##### Data
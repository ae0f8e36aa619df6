-- ===== src/Conn/Receive/Recording.antt =====
-- The branch of `handle_data` that records a gap.
use streamsync.Base.{ℕ, ◌-◌, ◌^◌, ◌<◌, ◌≤◌, ◌≡◌, refl, arith, if◌then◌else◌, Bool-cases, inl, inr}
use streamsync.Control.Casts.{upcast_nak, build_nak}
use streamsync.Control.Numbers.{single}
use streamsync.Control.Numbers.Laws.{from_range_first}
use streamsync.Conn.LossList.{extend_range}
use streamsync.Conn.Queue
use streamsync.Conn.Receive.{push_nak, record_gap}
use streamsync.Conn.Rtt.{is_reachable}
use streamsync.Conn.State.{Connection, address}
use streamsync.Proto.Error.{ok}

-- What recording a gap from the expected number on, up to a later `seq`, leaves behind.
pub record Recorded {S : Type 0} (now ts seq : ℕ) (c c' : Connection S) : Type 0 where
  pub losses :
      c'.loss_list
      ≡ extend_range (seq - c.client_sequence_number) c.client_sequence_number now c.loss_list
  pub queue : c'.queue ≡ (
      if is_reachable c.latency c.rtt
      then Queue.push_prio
          (address ts c.client_socket_id (upcast_nak (build_nak (single c.client_sequence_number))))
          c.queue
      else c.queue)
  pub mode : c'.mode ≡ c.mode

module _ {S : Type 0} (depth now ts seq : ℕ) (c : Connection S) where
  pub record_gap-Recorded :
      c.client_sequence_number < seq
      → seq < 2 ^ 31
      → seq - c.client_sequence_number ≤ depth
      → (c' : Connection S) × (record_gap depth now ts seq c ≡ ok c') × Recorded now ts seq c c'
  unfolding record_gap push_nak
  record_gap-Recorded after small deep =
      let first = c.client_sequence_number in
      let recorded = record c { loss_list = extend_range (seq - first) first now c.loss_list } in
      elim (Bool-cases (is_reachable c.latency c.rtt)) [
        | inl near ↦ (
          record recorded {
            queue =
                Queue.push_prio
                  (address ts c.client_socket_id (upcast_nak (build_nak (single first)))) c.queue;
          },
          rw (
            record_gap,
            near,
            push_nak,
            from_range_first depth first seq after (omega arith) deep,
          ),
          record { losses = refl; queue = rw near; mode = refl },
        )
        | inr far ↦
            (recorded, rw (record_gap, far), record { losses = refl; queue = rw far; mode = refl })
      ]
##########
**Exercise description:** Each line from the one containing "rw near; mode" through the end of the material should be restated word for word; leave out every line before it.

**Answer to this exercise:**
          record { losses = refl; queue = rw near; mode = refl },
        )
        | inr far ↦
            (recorded, rw (record_gap, far), record { losses = refl; queue = rw far; mode = refl })
      ]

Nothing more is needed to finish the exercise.